The roles of NO and iNOS in host defense against infection of the CNS by intracellular pathogens have been reported in previous studies of several intracellular pathogens (e.g., Toxoplasma gondii and Sindbis virus) (57,58). The role of microglial cells in neuropathogenesis following CNS infection has been a topic of growing research interest (59). It was previously reported that in contrast to astrocytes, iNOS was not expressed in human microglia following stimulation by IL-1β or IFN-γ (9,60). These findings suggest that NO and iNOS expression may be dependent on cell type and species. Indeed, previous reports demonstrated NO production in activated murine microglia, but not in human microglia (61). Recently, significant effort has been devoted to developing appropriate models of TB infection in the CNS (CNS-TB) using rabbits or mice. Intracerebral inoculation with MTB or M. bovis BCG resulted in mononuclear cell infiltration, microglial cell activation, and an increase in the number of bacterial cells within the CNS in a mouse model (62,63). In addition, inoculation with MTB or M. bovis BCG led to the up-regulation of IL-1β, TNF-α, IL-6, and IFN-γ within the CNS (63).
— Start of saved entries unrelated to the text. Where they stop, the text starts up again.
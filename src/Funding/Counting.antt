-- ===== src/Funding/Counting.antt =====
-- What `count_funding_events` of futures_fund/costs.py counts.
use gpt_market_neutral_crypt.Prelude.{
  ℕ, zero, suc, ◌+◌, ◌*◌, ◌/◌, ◌%◌, ◌≤◌, ◌<◌, ◌≡◌, ◌⊎◌, inl, inr, true, false, arith, ap, leb,
  if◌then◌else◌,
}
use gpt_market_neutral_crypt.Time.{hour_us}
use gpt_market_neutral_crypt.Funding.{
  funding_boundary_hours, in_hours, count_from, count_funding_events,
}

-- The intervals that the desk accepts.
abbrev pub IsInterval : ℕ → Type 0
IsInterval i = (i ≡ 1) ⊎ (i ≡ 2) ⊎ (i ≡ 4) ⊎ (i ≡ 8)

-- The hour after hour `k` is a boundary exactly if it starts another interval.
boundary_step :
    (i k : ℕ)
    → IsInterval i
    → (suc k) / i ≡ k / i + (if in_hours (suc k % 24) (funding_boundary_hours i) then 1 else 0)
unfolding funding_boundary_hours
boundary_step i k (inl h) = rw h (ground arith)
boundary_step i k (inr (inl h)) = rw h (ground arith)
boundary_step i k (inr (inr (inl h))) = rw h (ground arith)
boundary_step i k (inr (inr (inr h))) = rw h (ground arith)

-- The loop from hour `k + 1` on, with a round for every hour that is left, counts the intervals
-- that start later than hour `k`.
count_from_hours :
    (fuel i k exit_ts : ℕ)
    → IsInterval i
    → k ≤ exit_ts / hour_us
    → exit_ts / hour_us < k + fuel
    → count_from fuel (suc k * hour_us) exit_ts (funding_boundary_hours i) + k / i
      ≡ exit_ts / hour_us / i
unfolding count_from
count_from_hours zero i k exit_ts h lo hi = absurd (omega arith)
count_from_hours (suc fuel) i k exit_ts h lo hi = elim (hour_cases k) [
  | inl last ↦
      let done : leb (suc k * hour_us) exit_ts ≡ false = ground arith in
      let same : k ≡ exit_ts / hour_us = omega arith in
      rw done (ground (arith, ap (λ (x : ℕ). x / i) same))
  | inr more ↦
      let again = count_from_hours fuel i (suc k) exit_ts h (omega arith) (omega arith) in
      let next : suc k * hour_us + hour_us ≡ suc (suc k) * hour_us = omega arith in
      let here : suc k * hour_us / hour_us ≡ suc k = omega arith in
      let on : leb (suc k * hour_us) exit_ts ≡ true = ground arith in
      rw (on, next, here) (ground (arith, again, boundary_step i k h))
]
  where
    hour_cases : (k : ℕ) → (exit_ts / hour_us ≤ k) ⊎ (suc k ≤ exit_ts / hour_us)
    hour_cases k = omega arith

-- For an interval of 1, 2, 4 or 8 hours the count is the number of whole intervals, counted from the calendar's
-- first midnight, that end after `entry_ts` and no later than `exit_ts`.
pub count_funding_events_lem :
    (entry_ts exit_ts i : ℕ)
    → IsInterval i
    → entry_ts ≤ exit_ts
    → count_funding_events entry_ts exit_ts i + entry_ts / hour_us / i ≡ exit_ts / hour_us / i
unfolding count_funding_events
count_funding_events_lem entry_ts exit_ts i h le =
    let loop =
      count_from_hours (suc (exit_ts / hour_us)) i (entry_ts / hour_us) exit_ts h (omega arith)
        (omega arith) in
    let start : entry_ts / hour_us * hour_us + hour_us ≡ suc (entry_ts / hour_us) * hour_us =
      omega arith in
    elim (cases entry_ts) [ inl same ↦ ground arith | inr later ↦ rw start (ground (arith, loop)) ]
  where
    cases : (entry_ts : ℕ) → (exit_ts ≤ entry_ts) ⊎ (entry_ts < exit_ts)
    cases entry_ts = omega arith

-- Settling a window in two parts counts every settlement once: the counts of two windows that
-- meet add up to the count of the whole, for an interval of 1, 2, 4 or 8 hours.
pub count_funding_events-split :
    (a b c i : ℕ)
    → IsInterval i
    → a ≤ b
    → b ≤ c
    → count_funding_events a b i + count_funding_events b c i ≡ count_funding_events a c i
count_funding_events-split a b c i h ab bc = omega (
  arith,
  count_funding_events_lem a b i h ab,
  count_funding_events_lem b c i h bc,
  count_funding_events_lem a c i h (omega arith),
)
Recently, Michael et al. (64) reported that iNOS KO mice infected intracerebrally with MTB developed clinical manifestations of CNS-TB, including high mortality rates and histopathological abnormalities resembling human tuberculous meningitis throughout the meninges. The above clinical manifestations were absent in WT mice. These studies underscore the importance of NO in defense against CNS-TB.

Alveolar epithelial cells are able to actively participate in the pathogenesis of pulmonary inflammatory diseases by producing several cytokines and chemokines (65-67). Alveolar epithelial cells produce NO and various innate immune effectors including chemokines (IL-8), which regulate immune activation. In addition, normal T cells express and secrete RANTES in response to MTB infection (19,67). Strong NO production via iNOS also occurs in human lung epithelial cells (19,66); however, the amount of NO released in response to MTB is not mycobactericidal (65,66). Various cytokines (IFN-γ, TNF-α, and IL-1β; alone or in combination) and mycobacterial components stimulate MTB-infected epithelial cells, inducing NO production and mycobactericidal effects (65,66). These factors may contribute to innate immune control in epithelial cells against intracellular pathogens such as MTB.
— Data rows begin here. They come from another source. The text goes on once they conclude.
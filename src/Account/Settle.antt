-- ===== src/Account/Settle.antt =====
-- `settle_funding` and `settle_funding_events` of futures_fund/account.py, with `realized_funding`
-- of futures_fund/funding_intervals.py. A funding rate, interval or mark that is no number
-- (`float` raises) is not modelled; an interval is the number that the caller gives.
pub mod Clock
pub mod Cash
pub mod Tests
use gpt_market_neutral_crypt.Prelude.{
  ℕ, zero, suc, Bool, true, false, ◌||◌, ◌&&◌, not, Option, none, some, List, [], ◌∷◌, ◌++◌, String,
  if◌then◌else◌, Outcome, value, raised, ◌>>=◌, ◌>>◌, raise_if, ltb, leb, ◌==◌, is_null, map,
}
use gpt_market_neutral_crypt.Time.{Instant}
use gpt_market_neutral_crypt.Funding.{count_funding_events}
use gpt_market_neutral_crypt.Account.{
  Arithmetic, Direction, long, short, Position, PaperAccount, lookup, assign,
}

-- The settlements staged for the positions, in the order in which they are applied.
abbrev pub Staged : Type 0 → Type 0
Staged R = List (String × R)

abbrev is_interval : ℕ → Bool
is_interval i = (i == 1) || (i == 2) || (i == 4) || (i == 8)

-- Some held symbol is missing.
missing {ℓ} : {R : Type 0} {A : Type ℓ} → List (String × Position R) → List (String × A) → Bool
unfolding lookup
missing [] supplied = false
missing ((sym, p) ∷ rest) supplied =
    let later = missing rest supplied in elim (lookup sym supplied) [ none ↦ true | some _ ↦ later ]

-- `start != clock`
abbrev off_clock : Option Instant → Instant → Bool
off_clock none start = false
off_clock (some clock) start = not (start == clock)

-- `self.last_funding_ts or end`
abbrev pub clock_or : Instant → Option Instant → Instant
clock_or end none = end
clock_or end (some clock) = clock

abbrev held_without_clock : {R : Type 0} → PaperAccount R → Bool
held_without_clock a = elim a.positions [
  | [] ↦ false
  | _ ↦ elim a.last_funding_ts [ none ↦ true | some _ ↦ false ]
]

-- An event of `settle_funding_events`.
pub record FundingEvent (R : Type 0) : Type 0 where
  pub timestamp : Instant
  pub rate : R
  pub mark : R

module _ {R : Type 0} (n : Arithmetic R) where
  -- `realized_funding(0.0, mark, qty, rate, direction)`
  pub realized_funding : R → R → R → Direction → R
  realized_funding mark qty rate long = n.times (n.times (n.times (n.negated n.one) mark) qty) rate
  realized_funding mark qty rate short =
      n.times (n.times (n.times (n.negated (n.negated n.one)) mark) qty) rate

  -- The number of events as a float.
  of_count : ℕ → R
  of_count zero = n.nought
  of_count (suc k) = n.plus (of_count k) n.one

  abbrev bad_price : R → R → Bool
  bad_price rate mark = not (n.is_finite mark) || not (n.lt n.nought mark) || not (n.is_finite rate)

  stage_one : Instant → Instant → Position R → Option R → Option ℕ → Option R → Outcome (Option R)
  unfolding realized_funding of_count
  stage_one start end p (some rate) (some interval) (some mark) = do
    raise_if (bad_price rate mark || not (is_interval interval))
    let count = count_funding_events start end interval
    value (
        if count == 0
        then none
        else some (n.times (realized_funding mark p.qty rate p.direction) (of_count count)))
  stage_one start end p _ _ _ = raised

  stage :
      Instant
      → Instant
      → List (String × R)
      → List (String × ℕ)
      → List (String × R)
      → List (String × Position R)
      → Outcome (Staged R)
  unfolding stage_one lookup
  stage start end rates intervals marks [] = value []
  stage start end rates intervals marks ((sym, p) ∷ rest) = do
    one ← stage_one start end p (lookup sym rates) (lookup sym intervals) (lookup sym marks)
    later ← stage start end rates intervals marks rest
    value (elim one [ none ↦ later | some settled ↦ (sym, settled) ∷ later ])

  -- `sum(settled for …)`
  pub sum_from : R → Staged R → R
  sum_from acc [] = acc
  sum_from acc ((sym, x) ∷ rest) = sum_from (n.plus acc x) rest

  accrue :
      R → Option (Position R) → String → List (String × Position R) → List (String × Position R)
  unfolding assign
  accrue x none sym positions = positions
  accrue x (some p) sym positions =
      assign sym (record p { accrued_funding = n.plus p.accrued_funding x }) positions

  -- One settlement: cash, the position, and the total received or paid.
  pub settle_one : String → R → PaperAccount R → PaperAccount R
  unfolding accrue lookup
  settle_one sym x a =
      let moved = record a {
        cash = n.plus a.cash x;
        positions = accrue x (lookup sym a.positions) sym a.positions;
      } in
      if n.lt x n.nought
      then record moved { funding_paid = n.plus a.funding_paid (n.negated x) }
      else record moved { funding_received = n.plus a.funding_received x }

  pub settle_all : Staged R → PaperAccount R → PaperAccount R
  settle_all [] a = a
  settle_all ((sym, x) ∷ rest) a = settle_all rest (settle_one sym x a)

  -- The staged settlements are applied if the cash stays finite and not negative.
  pub apply_staged : Instant → Staged R → PaperAccount R → Outcome (PaperAccount R)
  unfolding sum_from settle_all
  apply_staged end staged a = do
    let new_cash = n.plus a.cash (sum_from n.nought staged)
    raise_if (not (n.is_finite new_cash) || n.lt new_cash n.nought)
    value (record (settle_all staged a) { last_funding_ts = some end })

  -- `settle_funding`
  pub settle_funding :
      Instant
      → Instant
      → List (String × R)
      → List (String × ℕ)
      → List (String × R)
      → PaperAccount R
      → Outcome (PaperAccount R)
  unfolding missing stage apply_staged
  settle_funding start end rates intervals marks a = do
    raise_if (held_without_clock a)
    raise_if (ltb end start)
    raise_if (off_clock a.last_funding_ts start)
    raise_if
        (missing a.positions rates || missing a.positions intervals || missing a.positions marks)
    staged ← stage start end rates intervals marks a.positions
    apply_staged end staged a

  seen_before : Instant → List Instant → Bool
  seen_before t [] = false
  seen_before t (s ∷ seen) = (t == s) || seen_before t seen

  stage_events :
      Instant
      → Instant
      → String
      → Position R
      → List Instant
      → List (FundingEvent R)
      → Outcome (Staged R)
  unfolding seen_before realized_funding
  stage_events previous end sym p seen [] = value []
  stage_events previous end sym p seen (e ∷ events) = do
    raise_if (seen_before e.timestamp seen)
    raise_if (not (ltb previous e.timestamp && leb e.timestamp end))
    raise_if (bad_price e.rate e.mark)
    later ← stage_events previous end sym p (e.timestamp ∷ seen) events
    value ((sym, realized_funding e.mark p.qty e.rate p.direction) ∷ later)

  stage_symbol :
      Instant → Instant → String → Position R → Option (List (FundingEvent R)) → Outcome (Staged R)
  unfolding stage_events
  stage_symbol previous end sym p none = raised
  stage_symbol previous end sym p (some events) = stage_events previous end sym p [] events

  stage_symbols :
      Instant
      → Instant
      → List (String × List (FundingEvent R))
      → List (String × Position R)
      → Outcome (Staged R)
  unfolding stage_symbol lookup
  stage_symbols previous end events [] = value []
  stage_symbols previous end events ((sym, p) ∷ rest) = do
    here ← stage_symbol previous end sym p (lookup sym events)
    later ← stage_symbols previous end events rest
    value (here ++ later)

  -- The intervals of the held symbols, where each is one that is allowed.
  observed : List (String × ℕ) → List (String × Position R) → Outcome (List (String × ℕ))
  unfolding lookup
  observed intervals [] = value []
  observed intervals ((sym, p) ∷ rest) =
      let later = observed intervals rest in
      elim (lookup sym intervals) [
        | none ↦ raised
        | some i ↦ do raise_if (not (is_interval i)); kept ← later; value ((sym, i) ∷ kept)
      ]

  -- `settle_funding_events`
  pub settle_funding_events :
      List (String × List (FundingEvent R))
      → Instant
      → List (String × ℕ)
      → PaperAccount R
      → Outcome (PaperAccount R)
  unfolding missing stage_symbols observed apply_staged
  settle_funding_events events end intervals a = do
    raise_if (held_without_clock a)
    let previous = clock_or end a.last_funding_ts
    raise_if (ltb end previous)
    raise_if (missing a.positions events)
    kept ← observed intervals a.positions
    staged ← stage_symbols previous end events a.positions
    settled ← apply_staged end staged a
    value (record settled { funding_intervals_observed = kept })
NO is a nonspecific, chemically reactive molecule that is important in host defense against a wide variety of microbial pathogens. However, it is becoming increasingly clear that specific killing mechanisms and cell types are not sufficient to kill mycobacteria in vivo. Although NO is not required for mycobactericidal activity in mouse models, the lack of a role for NO or its products (e.g., ONOO^-) has not been definitively proven in humans. Nevertheless, a substantial body of evidence indicates a role for NO in human host defenses against MTB. Additional studies are necessary to define the role of NO in relevant human cells including alveolar macrophages, microglia, and epithelial cells. Additionally, it would be useful to generate conditions that mimic in vivo environments, such as the co-culture of relevant cells. Such studies, which will refine our understanding of the importance and specific role of NO in TB defense, may lead to innovative strategies for TB treatment.